Ostap Okhrin

Professor, Vice Dean of the “Friedrich List” Faculty of Transport and Traffic Sciences, TUD Dresden University of Technology, Germany

Title:
Learning Low-Frequency Risk Functionals from High-Frequency Financial Data: From Heston Volatility to Skewness and Quantiles

Co-Authors: Haozhe Jiang (TUD) and Michael Rockinger (Uni Lausanne)

Abstract: High-frequency financial data contain rich information about the latent dynamics of returns, volatility, and tail risk. However, classical estimators of low-frequency risk characteristics often rely on nonlinear plug-in ratios, long historical panels, or stationarity assumptions that are difficult to justify in practice. In this talk, I discuss a simulation-based framework for estimating low-frequency distributional functionals from high-frequency observations.

The starting point is the Heston stochastic volatility model, where high-frequency data can be used to estimate spot volatility and the parameters of the latent variance process. This setting highlights both the potential and the difficulty of high-frequency inference, in particular under realistic parameter configurations in which the Feller condition may be violated. Building on these insights, we propose a High Frequency Network, a convolutional neural network architecture that maps intraday returns and their powers directly to monthly realized skewness. Instead of estimating separate moment components and forming unstable ratios, the network learns the low-frequency functional itself from simulated stochastic-volatility paths. Monte Carlo experiments show that this approach reduces finite-sample bias and remains robust under model misspecification, including jump-diffusion dynamics.

Finally, I outline ongoing work extending the same idea to the estimation of low-frequency quantiles. The broader aim is to combine stochastic-process models, high-frequency data, and machine-learning architectures to obtain stable estimators of distributional risk measures relevant for financial econometrics and risk management.

Anton Yurchenko-Tytarenko

Senior Market Analyst, Statkraft Energi AS, Norway. 

Title: Least squares Monte Carlo for pricing, hedging, and calibration in stochastic market models

Abstract: Modern financial markets exhibit complex phenomena that simple models cannot capture.
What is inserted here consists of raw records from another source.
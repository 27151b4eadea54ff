-- ===== src/Api/Payouts/Laws/Settled.antt =====
-- AdminApproveWithdrawal and AdminRecoverWithdrawal of a request that is settled already.
use dex_backend.Base.{
  ℕ, ◌≤◌, ◌≡◌, refl, ap, Bool, true, false, Option, none, some, arith, Bool-cases, inl, inr,
}
use dex_backend.Base.Key.{nat_key}
use dex_backend.Result.{ok, err, Err}
use dex_backend.Text.Bytes.{bytes, to_lower, Str, str_eq}
use dex_backend.Table.{select}
use dex_backend.Schema.{LedgerEntry}
use dex_backend.Tx.{◌>>=◌, transact}
use dex_backend.Ledger.Withdrawals.{
  is_pending, is_processing, requests, move_request, mark_withdrawal_processing,
  mark_withdrawal_failed, reject_withdrawal_request,
}
use dex_backend.Chain.Signer.{NodeReplies}
use dex_backend.Api.{Claims}
use dex_backend.Api.Payouts.{
  Treasury, action_of, Reply, refused, after_claim, after_action, process_withdrawal_request,
  process_if_signer, fail_or_retry, approve_or_reject, as_admin, with_id, admin_approve_withdrawal,
  admin_recover_withdrawal,
}

-- Answered with an error, and nothing has changed.
abbrev pub Refuses : Reply × Treasury → Treasury → Type 0
Refuses answer t = (code : ℕ) × (x : Err) × (answer ≡ (refused code x, t)) × (400 ≤ code)

module _ (id : ℕ) (e : LedgerEntry) (t : Treasury)
    (found : select id t.ledger.ledger_entries ≡ some e)
    (unclaimable : is_pending e.status ≡ false) where
  process-Refuses : (r : NodeReplies) → Refuses (process_withdrawal_request id r t) t
  unfolding process_withdrawal_request after_claim
  process-Refuses r =
      let claim : mark_withdrawal_processing id t.ledger ≡ (err Err.not_pending, t.ledger) =
        unfold mark_withdrawal_processing move_request requests transact ◌>>=◌ in ground arith in
      (400, Err.not_pending, ap (λ p. after_claim id r p t) claim, omega arith)

  process_if_signer-Refuses :
      (signer : Bool) (r : NodeReplies) → Refuses (process_if_signer signer id r t) t
  unfolding process_if_signer
  process_if_signer-Refuses false r = (503, Err.no_signer, refl, omega arith)
  process_if_signer-Refuses true r = process-Refuses r

  reject-Refuses :
      (word : Str) → Refuses (after_action word (reject_withdrawal_request id t.ledger) t) t
  unfolding after_action
  reject-Refuses word =
      let rejection : reject_withdrawal_request id t.ledger ≡ (err Err.not_pending, t.ledger) =
        unfold reject_withdrawal_request move_request requests transact ◌>>=◌ in ground arith in
      (400, Err.not_pending, ap (λ p. after_action word p t) rejection, omega arith)

  approve_or_reject-Refuses :
      (signer : Bool) (action : Str) (r : NodeReplies)
      → Refuses (approve_or_reject signer id action r t) t
  unfolding approve_or_reject
  approve_or_reject-Refuses signer action r = elim (Bool-cases (str_eq action (bytes "reject"))) [
    | inl rejects ↦ rw rejects (reject-Refuses (bytes "rejected"))
    | inr other ↦ elim (Bool-cases (str_eq action (bytes "approve"))) [
      | inl approves ↦ rw (other, approves) (process_if_signer-Refuses signer r)
      | inr neither ↦ rw (other, neither) (400, Err.bad_action, refl, omega arith)
    ]
  ]

  fail_or_retry-same :
      (signer : Bool) (action : Str) (r : NodeReplies)
      → is_processing e.status ≡ false
      → (fail_or_retry signer id action r t).1 ≡ t
  unfolding fail_or_retry after_action
  fail_or_retry-same signer action r done = elim (Bool-cases (str_eq action (bytes "fail"))) [
    | inl fails ↦
        let kept : mark_withdrawal_failed id t.ledger ≡ (ok tt, t.ledger) =
          unfold mark_withdrawal_failed move_request requests transact ◌>>=◌ in ground arith in
        rw (fails, kept) refl
    | inr other ↦ elim (Bool-cases (str_eq action (bytes "retry"))) [
      | inl retries ↦
          let (_, _, refuses, _) = process_if_signer-Refuses signer r in
          rw (other, retries) (ap (λ (p : Reply × Treasury). p.1) refuses)
      | inr neither ↦ rw (other, neither) refl
    ]
  ]

-- A withdrawal request that is settled, neither pending nor processing, is not paid again and not
-- changed by any admin call, whoever makes it, whatever the action's text, the node's replies, and
-- whether or not a signer is configured: an approval or rejection is answered with an error status
-- and changes nothing, and a recovery changes nothing.
pub settled_stays :
    (admins : Str → Bool) (c : Option Claims) (signer : Bool) (id : ℕ) (e : LedgerEntry)
    (action : Str) (r : NodeReplies) (t : Treasury)
    → select id t.ledger.ledger_entries ≡ some e
    → is_pending e.status ≡ false
    → is_processing e.status ≡ false
    → Refuses (admin_approve_withdrawal admins c signer (some id) action r t) t
      × ((admin_recover_withdrawal admins c signer (some id) action r t).1 ≡ t)
unfolding admin_approve_withdrawal admin_recover_withdrawal as_admin with_id
settled_stays admins none signer id e action r t found waits works =
    ((401, Err.not_authenticated, refl, omega arith), refl)
settled_stays admins (some c) signer id e action r t found waits works =
    elim (Bool-cases (admins (to_lower c.wallet_address))) [
      | inl admin ↦ rw admin (
        approve_or_reject-Refuses id e t found waits signer (action_of (bytes "approve") action) r,
        fail_or_retry-same id e t found waits signer (action_of (bytes "retry") action) r works,
      )
      | inr other ↦ rw other ((403, Err.forbidden, refl, omega arith), refl)
    ]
Replicating these features requires sophisticated stochastic frameworks: rough volatility models, for instance, are widely used to reproduce the implied volatility smiles and skews observed in real markets. 

However, increased realism comes at a price. Complex models, even when they admit simulation via Euler-type discretization schemes, typically lack closed-form expressions for option prices or hedging quantities. This gap creates significant practical challenges. Without analytic pricing formulas, calibrating model parameters to observed option price curves becomes a difficult task. At the same time, classical Monte Carlo methods, while flexible, are computationally too slow for real-time applications such as dynamically updating a hedging portfolio during trading.

In this talk, we discuss the Least Squares Monte Carlo (LSMC) method as a flexible and efficient framework to address these challenges. The approach proceeds in two stages: one first simulates a large ensemble of model trajectories across a range of model parameters, and then applies machine learning techniques to learn how the quantity of interest depends on those parameters. The resulting surrogate is fast to evaluate and well-suited for tasks such as real-time model calibration against market data.